§ **Problem to work on**
Starting with the line containing "invalid_pattern overflow : VmidError" and going on through the line containing "find_wildcard bytes = position", return the lines of the data below exactly, and only those.
Top of Information supplied
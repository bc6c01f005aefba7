-- ===== src/Relay/Route.antt =====
-- crates/pbox-relay/src/lib.rs: box ids in routes, and the URL that the two ends connect to. A text
-- is its bytes. The crate url is the section parameter `u : UrlCrate`.
pub mod Laws
mod Tests
use pbox.Base.{
  ℕ, ◌≡◌, Bool, true, false, not, ◌&&◌, ◌||◌, Option, none, some, ◌++◌, Text, codes, text_eq,
  starts_with, split_once, is_digit, is_lowercase, is_empty, ◌==◌, if◌then◌else◌, length, drop, all,
  Result, ok, err, ◌>>=◌, ◌>>◌, fail_if, ok_or,
}

unfoldable pub valid_box_id : Text → Bool
valid_box_id value =
    starts_with (codes "pbx_") value
    && length value == 12
    && all (λ b. is_lowercase b || is_digit b) (drop 4 value)

unfoldable pub valid_route : Text → Bool
valid_route value = elim (split_once b'~' value) [
  | some (parent, child) ↦ valid_box_id parent && valid_box_id child
  | none ↦ valid_box_id value
]

-- What the code calls of the crate url.
pub record UrlCrate : Type 1 where
  pub Url : Type 0
  pub parse : Text → Option Url
  pub scheme : Url → Text
  pub host_str : Url → Option Text
  pub username : Url → Text
  pub password : Url → Option Text
  pub query : Url → Option Text
  pub fragment : Url → Option Text
  pub path : Url → Text
  pub set_scheme : Text → Url → Option Url
  pub set_path : Text → Url → Url
  pub to_string : Url → Text

pub data UrlError : Type 0 where
  invalid_role_or_id invalid_url unsupported_scheme not_an_origin invalid_scheme : UrlError

abbrev pub is_some {ℓ} : {A : Type ℓ} → Option A → Bool
is_some none = false
is_some (some a) = true

unfoldable pub is_role : Text → Bool
is_role role = text_eq role (codes "agent") || text_eq role (codes "client")

unfoldable pub websocket_scheme : Text → Option Text
websocket_scheme scheme =
    if text_eq scheme (codes "https") || text_eq scheme (codes "wss")
    then some (codes "wss")
    else if text_eq scheme (codes "http") || text_eq scheme (codes "ws")
    then some (codes "ws")
    else none

module _ (u : UrlCrate) where
  -- Whether a URL is more than an origin: it has no host, or a credential, path, query or fragment.
  unfoldable pub beyond_origin : u.Url → Bool
  beyond_origin url =
      not (is_some (u.host_str url))
      || not (is_empty (u.username url))
      || is_some (u.password url)
      || is_some (u.query url)
      || is_some (u.fragment url)
      || not (is_empty (u.path url) || text_eq (u.path url) (codes "/"))

  pub websocket_url : Text → Text → Text → Result UrlError Text
  websocket_url origin role box_id = do
    fail_if (not (is_role role) || not (valid_route box_id)) invalid_role_or_id
    url ← ok_or (u.parse origin) invalid_url
    scheme ← ok_or (websocket_scheme (u.scheme url)) unsupported_scheme
    fail_if (beyond_origin url) not_an_origin
    url' ← ok_or (u.set_scheme scheme url) invalid_scheme
    ok (u.to_string (u.set_path (codes "/v1/" ++ (role ++ (codes "/" ++ box_id))) url'))
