-- ===== src/Vmid.antt =====
-- crates/pbox-core/src/vmid.rs: the pattern of the VMIDs that pbox may use, as `9xxx`, and the
-- choice of a free one. A text is its bytes. The set of used VMIDs is the list that it is made of.
pub mod Parsing
pub mod Display
pub mod Allocation
mod Tests
use pbox.Base.{
  ℕ, zero, suc, ◌+◌, ◌-◌, ◌*◌, ◌^◌, ◌≤◌, ◌<◌, ◌≡◌, Bool, not, ◌&&◌, ◌||◌, Option, none, some, List,
  ◌++◌, Text, is_digit, ltb, leb, ◌==◌, if◌then◌else◌, length, get_or, take, drop, replicate, any,
  position, Result, ok, err, ◌>>=◌, ◌>>◌, fail_if, ok_or, parse_unsigned, show, u64_max, u32_max,
  checked_pow, checked_mul, checked_add, try_u32,
}

pub record VmidPattern : Type 0 where
  pub prefix : ℕ
  pub wildcard_digits : ℕ
  pub first : ℕ
  pub last : ℕ

pub data VmidError : Type 0 where
  invalid_pattern overflow : VmidError
  exhausted : Text → VmidError

-- The tests of `parse`, in its order: the text's start, the two parts about `wildcard_start`, and a
-- prefix with a leading zero.
bad_start : Text → Bool
bad_start bytes =
    ltb (length bytes) 2 || not (is_digit (get_or bytes 0 0)) || get_or bytes 0 0 == b'0'

bad_parts : Text → ℕ → Bool
bad_parts bytes wildcard_start =
    wildcard_start == 0
    || any (λ b. not (b == b'x')) (drop wildcard_start bytes)
    || any (λ b. not (is_digit b)) (take wildcard_start bytes)

bad_prefix : Text → Bool
bad_prefix prefix_text = ltb 1 (length prefix_text) && get_or prefix_text 0 0 == b'0'

find_wildcard : Text → Option ℕ
find_wildcard bytes = position (λ b. b == b'x') bytes

-- The checks on the form of the pattern; the result is `wildcard_start`.
pub split_pattern : Text → Result VmidError ℕ
split_pattern bytes = do
  fail_if (bad_start bytes) invalid_pattern
  wildcard_start ← ok_or (find_wildcard bytes) invalid_pattern
  fail_if (bad_parts bytes wildcard_start) invalid_pattern
  fail_if (bad_prefix (take wildcard_start bytes)) invalid_pattern
  ok wildcard_start

-- The numbers of the pattern: its prefix, and the range that it spans.
pub range_of : Text → ℕ → Result VmidError VmidPattern
range_of prefix_text digits = do
  prefix ← ok_or (parse_unsigned u64_max prefix_text) overflow
  wildcard_digits ← ok_or (try_u32 digits) overflow
  factor ← ok_or (checked_pow 10 wildcard_digits) overflow
  first ← ok_or (checked_mul prefix factor) overflow
  last ← ok_or (checked_add first (factor - 1)) overflow
  ok (record { prefix = prefix; wildcard_digits = wildcard_digits; first = first; last = last })

pub parse : Text → Result VmidError VmidPattern
parse pattern = do
  wildcard_start ← split_pattern pattern
  range_of (take wildcard_start pattern) (length pattern - wildcard_start)

unfoldable pub contains : VmidPattern → ℕ → Bool
contains p vmid = leb p.first vmid && leb vmid p.last

pub display : VmidPattern → Text
display p = show p.prefix ++ replicate p.wildcard_digits b'x'

unfoldable pub is_used : List ℕ → ℕ → Bool
is_used used candidate = any (λ v. v == candidate) used

-- The loop of `allocate_lowest`, with the number of its rounds bounded; `none` is a loop that the
-- bound cut off.
allocate_from : ℕ → VmidPattern → List ℕ → ℕ → Option (Result VmidError ℕ)
allocate_from zero p used candidate = none
allocate_from (suc fuel) p used candidate =
    let rest = allocate_from fuel p used (candidate + 1) in
    if not (is_used used candidate)
    then some (ok candidate)
    else if candidate == p.last
    then some (err (exhausted (display p)))
    else rest

pub allocate_lowest : VmidPattern → List ℕ → Option (Result VmidError ℕ)
unfolding allocate_from
allocate_lowest p used = allocate_from (p.last - p.first + 1) p used p.first

-- What `parse` establishes of its result. The last field holds of every `u32`.
pub record IsValid (p : VmidPattern) : Type 0 where
  pub positive : 0 < p.prefix
  pub wild : 0 < p.wildcard_digits
  pub starts : p.first ≡ p.prefix * 10 ^ p.wildcard_digits
  pub ends : p.last ≡ p.first + (10 ^ p.wildcard_digits - 1)
  pub in_u64 : p.last ≤ u64_max
  pub in_u32 : p.wildcard_digits ≤ u32_max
Bottom of Information supplied
§ **Response area**
  invalid_pattern overflow : VmidError
  exhausted : Text → VmidError

-- The tests of `parse`, in its order: the text's start, the two parts about `wildcard_start`, and a
-- prefix with a leading zero.
bad_start : Text → Bool
bad_start bytes =
    ltb (length bytes) 2 || not (is_digit (get_or bytes 0 0)) || get_or bytes 0 0 == b'0'

bad_parts : Text → ℕ → Bool
bad_parts bytes wildcard_start =
    wildcard_start == 0
    || any (λ b. not (b == b'x')) (drop wildcard_start bytes)
    || any (λ b. not (is_digit b)) (take wildcard_start bytes)

bad_prefix : Text → Bool
bad_prefix prefix_text = ltb 1 (length prefix_text) && get_or prefix_text 0 0 == b'0'

find_wildcard : Text → Option ℕ
find_wildcard bytes = position (λ b. b == b'x') bytes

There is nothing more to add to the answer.